-- Data to examine follows --

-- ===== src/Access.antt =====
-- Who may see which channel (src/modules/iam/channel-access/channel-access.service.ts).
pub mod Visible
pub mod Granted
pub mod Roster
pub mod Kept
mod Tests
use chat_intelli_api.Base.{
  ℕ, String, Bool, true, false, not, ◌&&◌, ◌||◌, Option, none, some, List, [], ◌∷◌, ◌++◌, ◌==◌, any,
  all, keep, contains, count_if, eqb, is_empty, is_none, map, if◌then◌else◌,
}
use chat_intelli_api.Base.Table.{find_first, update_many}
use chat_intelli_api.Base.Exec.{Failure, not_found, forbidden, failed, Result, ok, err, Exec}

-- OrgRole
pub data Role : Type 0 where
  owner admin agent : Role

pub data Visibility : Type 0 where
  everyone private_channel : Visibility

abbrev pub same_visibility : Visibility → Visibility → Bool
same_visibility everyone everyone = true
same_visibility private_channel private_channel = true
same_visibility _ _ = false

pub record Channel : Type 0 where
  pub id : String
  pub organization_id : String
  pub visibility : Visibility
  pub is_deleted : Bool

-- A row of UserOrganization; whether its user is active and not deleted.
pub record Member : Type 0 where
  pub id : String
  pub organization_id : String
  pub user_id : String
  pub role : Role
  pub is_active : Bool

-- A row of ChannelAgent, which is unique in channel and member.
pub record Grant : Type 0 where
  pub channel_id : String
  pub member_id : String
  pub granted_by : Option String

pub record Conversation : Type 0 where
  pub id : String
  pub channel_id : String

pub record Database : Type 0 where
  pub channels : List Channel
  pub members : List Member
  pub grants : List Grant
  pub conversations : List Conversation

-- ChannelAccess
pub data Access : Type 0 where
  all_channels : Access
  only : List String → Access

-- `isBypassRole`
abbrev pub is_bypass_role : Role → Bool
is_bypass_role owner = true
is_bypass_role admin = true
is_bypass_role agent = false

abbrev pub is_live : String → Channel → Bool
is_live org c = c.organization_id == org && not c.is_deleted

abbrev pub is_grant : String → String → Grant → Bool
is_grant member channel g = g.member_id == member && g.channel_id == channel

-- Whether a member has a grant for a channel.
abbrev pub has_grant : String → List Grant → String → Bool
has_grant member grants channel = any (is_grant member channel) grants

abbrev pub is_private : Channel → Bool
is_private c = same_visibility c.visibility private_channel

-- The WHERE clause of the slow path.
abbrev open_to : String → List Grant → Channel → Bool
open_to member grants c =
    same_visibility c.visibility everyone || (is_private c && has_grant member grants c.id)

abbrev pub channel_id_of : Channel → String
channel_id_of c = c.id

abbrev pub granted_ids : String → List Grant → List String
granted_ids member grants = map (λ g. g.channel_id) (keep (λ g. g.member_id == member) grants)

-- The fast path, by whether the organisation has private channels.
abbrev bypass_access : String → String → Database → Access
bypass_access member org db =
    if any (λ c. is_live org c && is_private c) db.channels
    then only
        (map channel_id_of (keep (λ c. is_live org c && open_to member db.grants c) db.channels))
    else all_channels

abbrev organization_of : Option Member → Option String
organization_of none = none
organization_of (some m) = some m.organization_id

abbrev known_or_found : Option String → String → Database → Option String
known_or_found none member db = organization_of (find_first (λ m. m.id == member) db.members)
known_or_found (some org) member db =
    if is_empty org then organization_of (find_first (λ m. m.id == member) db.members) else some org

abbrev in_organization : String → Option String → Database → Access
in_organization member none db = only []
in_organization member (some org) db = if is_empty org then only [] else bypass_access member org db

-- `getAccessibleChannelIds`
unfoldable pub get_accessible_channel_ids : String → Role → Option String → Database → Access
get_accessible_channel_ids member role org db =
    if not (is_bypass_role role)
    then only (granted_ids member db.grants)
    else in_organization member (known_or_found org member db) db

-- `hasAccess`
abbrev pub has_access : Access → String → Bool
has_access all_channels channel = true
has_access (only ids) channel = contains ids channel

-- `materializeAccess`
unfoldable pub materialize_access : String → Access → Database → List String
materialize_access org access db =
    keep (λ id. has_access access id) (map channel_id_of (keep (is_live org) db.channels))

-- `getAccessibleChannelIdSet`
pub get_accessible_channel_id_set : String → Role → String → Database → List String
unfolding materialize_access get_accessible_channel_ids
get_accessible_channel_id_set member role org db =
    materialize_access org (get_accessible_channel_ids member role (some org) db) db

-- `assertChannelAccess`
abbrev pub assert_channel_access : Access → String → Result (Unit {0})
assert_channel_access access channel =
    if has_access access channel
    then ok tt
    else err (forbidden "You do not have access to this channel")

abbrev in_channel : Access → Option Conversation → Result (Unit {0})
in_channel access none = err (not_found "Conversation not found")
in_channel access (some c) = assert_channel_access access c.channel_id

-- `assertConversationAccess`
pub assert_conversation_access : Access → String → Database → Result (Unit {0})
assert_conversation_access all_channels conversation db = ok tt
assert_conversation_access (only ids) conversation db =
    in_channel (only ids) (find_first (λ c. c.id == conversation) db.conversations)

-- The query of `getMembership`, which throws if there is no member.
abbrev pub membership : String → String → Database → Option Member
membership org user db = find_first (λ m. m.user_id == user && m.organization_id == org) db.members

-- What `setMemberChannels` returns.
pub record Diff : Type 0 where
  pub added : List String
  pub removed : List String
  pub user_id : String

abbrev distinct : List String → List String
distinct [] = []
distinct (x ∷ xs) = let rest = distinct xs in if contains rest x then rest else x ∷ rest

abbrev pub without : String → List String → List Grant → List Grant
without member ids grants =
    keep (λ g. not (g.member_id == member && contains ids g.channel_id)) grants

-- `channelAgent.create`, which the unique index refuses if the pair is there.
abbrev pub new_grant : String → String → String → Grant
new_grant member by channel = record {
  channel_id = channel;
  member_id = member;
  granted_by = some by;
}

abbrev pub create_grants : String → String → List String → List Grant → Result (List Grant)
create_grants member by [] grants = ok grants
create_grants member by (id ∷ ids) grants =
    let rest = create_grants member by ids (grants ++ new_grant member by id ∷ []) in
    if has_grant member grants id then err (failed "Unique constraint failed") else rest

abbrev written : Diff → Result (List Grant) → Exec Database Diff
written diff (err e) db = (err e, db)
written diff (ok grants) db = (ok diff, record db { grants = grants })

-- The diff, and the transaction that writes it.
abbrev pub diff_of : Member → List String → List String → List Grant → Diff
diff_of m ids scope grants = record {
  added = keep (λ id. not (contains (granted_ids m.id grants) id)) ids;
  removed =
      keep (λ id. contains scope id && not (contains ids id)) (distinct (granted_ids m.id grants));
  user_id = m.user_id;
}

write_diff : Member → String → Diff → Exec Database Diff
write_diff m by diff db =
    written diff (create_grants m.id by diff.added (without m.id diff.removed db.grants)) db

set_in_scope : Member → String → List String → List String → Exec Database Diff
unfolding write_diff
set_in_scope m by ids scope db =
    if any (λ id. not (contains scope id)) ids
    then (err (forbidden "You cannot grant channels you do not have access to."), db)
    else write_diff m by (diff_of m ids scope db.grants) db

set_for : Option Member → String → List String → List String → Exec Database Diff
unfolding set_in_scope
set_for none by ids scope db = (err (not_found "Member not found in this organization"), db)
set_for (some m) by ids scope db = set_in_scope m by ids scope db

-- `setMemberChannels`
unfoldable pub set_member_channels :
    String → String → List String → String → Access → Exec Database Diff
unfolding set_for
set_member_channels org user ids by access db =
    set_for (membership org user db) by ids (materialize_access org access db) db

-- Data to examine concluded --
-- Data to examine follows --

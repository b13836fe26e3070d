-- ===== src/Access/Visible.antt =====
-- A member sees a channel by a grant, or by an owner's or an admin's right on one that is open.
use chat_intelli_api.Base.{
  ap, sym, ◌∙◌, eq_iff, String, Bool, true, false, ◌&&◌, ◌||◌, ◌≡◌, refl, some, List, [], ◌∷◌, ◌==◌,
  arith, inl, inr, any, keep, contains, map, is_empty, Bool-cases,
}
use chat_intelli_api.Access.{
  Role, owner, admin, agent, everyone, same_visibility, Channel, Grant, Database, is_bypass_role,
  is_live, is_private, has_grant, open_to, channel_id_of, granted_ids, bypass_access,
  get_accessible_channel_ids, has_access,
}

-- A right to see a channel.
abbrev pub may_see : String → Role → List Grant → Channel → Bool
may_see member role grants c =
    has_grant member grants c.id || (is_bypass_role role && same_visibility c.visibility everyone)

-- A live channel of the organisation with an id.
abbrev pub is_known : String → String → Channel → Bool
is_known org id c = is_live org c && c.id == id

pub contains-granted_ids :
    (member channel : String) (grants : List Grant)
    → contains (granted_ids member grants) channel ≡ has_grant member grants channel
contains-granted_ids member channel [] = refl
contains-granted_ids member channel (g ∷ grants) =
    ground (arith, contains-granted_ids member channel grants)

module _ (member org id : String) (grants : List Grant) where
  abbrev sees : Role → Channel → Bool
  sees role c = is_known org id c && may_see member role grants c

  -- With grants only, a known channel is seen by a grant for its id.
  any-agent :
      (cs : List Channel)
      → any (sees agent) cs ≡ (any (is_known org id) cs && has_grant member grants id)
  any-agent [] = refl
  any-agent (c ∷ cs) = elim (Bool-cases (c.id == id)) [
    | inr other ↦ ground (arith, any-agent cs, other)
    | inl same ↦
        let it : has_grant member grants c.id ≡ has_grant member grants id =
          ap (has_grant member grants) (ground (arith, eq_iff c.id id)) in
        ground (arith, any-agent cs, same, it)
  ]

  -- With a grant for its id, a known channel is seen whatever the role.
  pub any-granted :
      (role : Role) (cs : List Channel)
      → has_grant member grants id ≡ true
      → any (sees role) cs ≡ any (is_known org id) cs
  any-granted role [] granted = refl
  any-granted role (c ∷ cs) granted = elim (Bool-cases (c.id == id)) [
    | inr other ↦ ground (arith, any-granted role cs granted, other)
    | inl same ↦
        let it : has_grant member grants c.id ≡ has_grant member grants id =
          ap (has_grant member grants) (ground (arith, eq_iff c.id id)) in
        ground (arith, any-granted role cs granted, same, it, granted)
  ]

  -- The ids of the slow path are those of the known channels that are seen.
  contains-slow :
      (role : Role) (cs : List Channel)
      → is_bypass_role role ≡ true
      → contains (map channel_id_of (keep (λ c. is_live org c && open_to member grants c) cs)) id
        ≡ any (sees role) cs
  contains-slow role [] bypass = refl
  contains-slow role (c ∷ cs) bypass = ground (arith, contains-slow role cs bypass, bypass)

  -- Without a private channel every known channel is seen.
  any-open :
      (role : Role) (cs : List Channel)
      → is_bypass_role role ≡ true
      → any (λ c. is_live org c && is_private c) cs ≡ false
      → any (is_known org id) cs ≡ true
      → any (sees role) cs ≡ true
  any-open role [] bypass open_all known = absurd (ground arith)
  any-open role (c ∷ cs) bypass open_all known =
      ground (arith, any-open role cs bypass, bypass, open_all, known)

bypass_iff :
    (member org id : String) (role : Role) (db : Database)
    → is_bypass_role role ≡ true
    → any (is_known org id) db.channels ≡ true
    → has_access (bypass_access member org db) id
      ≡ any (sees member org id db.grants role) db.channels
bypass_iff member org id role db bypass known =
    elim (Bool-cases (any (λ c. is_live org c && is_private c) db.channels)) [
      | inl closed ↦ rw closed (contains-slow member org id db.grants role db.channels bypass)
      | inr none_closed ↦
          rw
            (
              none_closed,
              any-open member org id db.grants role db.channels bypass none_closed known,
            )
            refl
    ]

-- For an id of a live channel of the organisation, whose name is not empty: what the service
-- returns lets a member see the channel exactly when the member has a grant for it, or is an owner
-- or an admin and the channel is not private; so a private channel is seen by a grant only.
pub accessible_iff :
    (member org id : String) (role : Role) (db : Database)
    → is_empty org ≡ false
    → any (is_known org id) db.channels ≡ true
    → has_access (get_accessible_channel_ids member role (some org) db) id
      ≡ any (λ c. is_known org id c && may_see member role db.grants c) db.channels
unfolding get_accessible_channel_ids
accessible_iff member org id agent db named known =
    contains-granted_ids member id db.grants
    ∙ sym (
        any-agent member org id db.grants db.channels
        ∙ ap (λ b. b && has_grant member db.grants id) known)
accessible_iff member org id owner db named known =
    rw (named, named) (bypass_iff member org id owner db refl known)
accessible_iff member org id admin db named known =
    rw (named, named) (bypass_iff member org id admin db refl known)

-- Data to examine concluded --

> [Your goal]:
Copy the lines of the data above exactly as written, beginning with the line containing "pub is_deleted : Bool" and ending with the line containing "-- The fast", and leave out all other lines.

> [Expected answer]:
  pub is_deleted : Bool

-- A row of UserOrganization; whether its user is active and not deleted.
pub record Member : Type 0 where
  pub id : String
  pub organization_id : String
  pub user_id : String
  pub role : Role
  pub is_active : Bool

-- A row of ChannelAgent, which is unique in channel and member.
pub record Grant : Type 0 where
  pub channel_id : String
  pub member_id : String
  pub granted_by : Option String

pub record Conversation : Type 0 where
  pub id : String
  pub channel_id : String

pub record Database : Type 0 where
  pub channels : List Channel
  pub members : List Member
  pub grants : List Grant
  pub conversations : List Conversation

-- ChannelAccess
pub data Access : Type 0 where
  all_channels : Access
  only : List String → Access

-- `isBypassRole`
abbrev pub is_bypass_role : Role → Bool
is_bypass_role owner = true
is_bypass_role admin = true
is_bypass_role agent = false

abbrev pub is_live : String → Channel → Bool
is_live org c = c.organization_id == org && not c.is_deleted

abbrev pub is_grant : String → String → Grant → Bool
is_grant member channel g = g.member_id == member && g.channel_id == channel

-- Whether a member has a grant for a channel.
abbrev pub has_grant : String → List Grant → String → Bool
has_grant member grants channel = any (is_grant member channel) grants

abbrev pub is_private : Channel → Bool
is_private c = same_visibility c.visibility private_channel

-- The WHERE clause of the slow path.
abbrev open_to : String → List Grant → Channel → Bool
open_to member grants c =
    same_visibility c.visibility everyone || (is_private c && has_grant member grants c.id)

abbrev pub channel_id_of : Channel → String
channel_id_of c = c.id

abbrev pub granted_ids : String → List Grant → List String
granted_ids member grants = map (λ g. g.channel_id) (keep (λ g. g.member_id == member) grants)

-- The fast path, by whether the organisation has private channels.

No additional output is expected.